Sounds like you're doing all the right things with your preparation. I love the idea of house hacking a multi-family and if I started over, I would do that early and often. 

One note of encouragement....investing in real estate (buy and hold rentals) does require some level of time investment, as the earlier poster warned, but you and your wife can dictate how much time and at what stress level you want to operate. 

As an example...recognizing we weren't handy people, my husband and I chose early investments that were turn-key buy and holds, and easily cash flowed (with margin) from day 1. Since then, as we've built a team, we have taken on more complex renovations, including a total gut job.

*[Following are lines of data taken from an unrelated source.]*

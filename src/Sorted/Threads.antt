-- ===== src/Sorted/Threads.antt =====
-- The threads of a search: several, by a schedule, or one alone.
use regexkit.Base.{ℕ, zero, suc, ◌==◌, Bool, if◌then◌else◌, List, [], ◌∷◌}
use regexkit.Sorted.{CollectionType, Search, Thread, entering, step}

-- The threads that a pool runs the function on, by number.
abbrev pub Threads : Type 0
Threads = ℕ → Thread

abbrev pub all_entering : Threads
all_entering i = entering

abbrev pub put : Threads → ℕ → Thread → Threads
put ts i t j = if j == i then t else ts j

module _ (kind : CollectionType) (sorted : List ℕ) (matches : ℕ → Bool) where
  -- The thread whose number is next in the schedule makes its step.
  unfoldable pub run : List ℕ → Search → Threads → Search × Threads
  run [] s ts = (s, ts)
  run (i ∷ schedule) s ts =
      let r = step kind sorted matches s (ts i) in run schedule r.0 (put ts i r.1)

  -- A thread alone, which makes at most `fuel` steps: where the pool takes no job, the function is
  -- called in the current thread.
  unfoldable pub run_alone : ℕ → Search → Thread → Search × Thread
  run_alone zero s t = (s, t)
  run_alone (suc fuel) s t = let r = step kind sorted matches s t in run_alone fuel r.0 r.1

We've learned a lot along the way, but never tackled anything we weren't prepared to manage at that point of our journey, which helped control the time and stress. We both worked professional jobs and didn't have a lot of margin in our days, and I would say we average 2-3 hours per week of total time to self-manage 8 rental units. Obviously, if we were dong a live-in flip or house hack, that would require more time. 

I say all of this to make the point that you can create the journey that works for you. Since you're already plugged into the podcasts, you know that there are many paths to financial just have to find the one that works best for you and your family.

Best of luck to you! Look forward to following your journey.

@Dan Tisser Welcome Dan! I'm in a similar situation but on the NJ side of things, taking NJ Transit to work every day, reading the same books and having the same thoughts lol. Its amazing how real "sitting on the commuter train and daydreaming about financial freedom" habit is! Good luck!

@Kent Hall Great advice, I scanned through the book a while back but should definitely take another look. I also just checked out the podcasts and am going to start incorporating some of those into my rotation. She is an OB/GYN. 

@Thomas S. @Kevin Martin point well taken that REI is still trading time for money... I'm hoping that I can do the extra work now to hopefully save me from having to do as much in the future.

@Matt B. Awesome! Are you mainly around the island or do you work in NYC?

@Thomas DiMeo Thanks, to you as well!

@Christina J. Thank you, great to see success stories like yours!

Thank you all!

Welcome to BP @Dan Tisser ! I would recommend listening through the Biggerpockets Money Show podcasts with @Scott Trench and @Mindy Jensen . Although real estate is a great and vast industry, if your fixation is on financial independence then it's a great show to show you ways that people were able to do so and not necessarily through real estate (especially since investing in NY can be expensive). It can also help you to discover ways to save more money to give yourself a better starting platform for investing. Best of luck!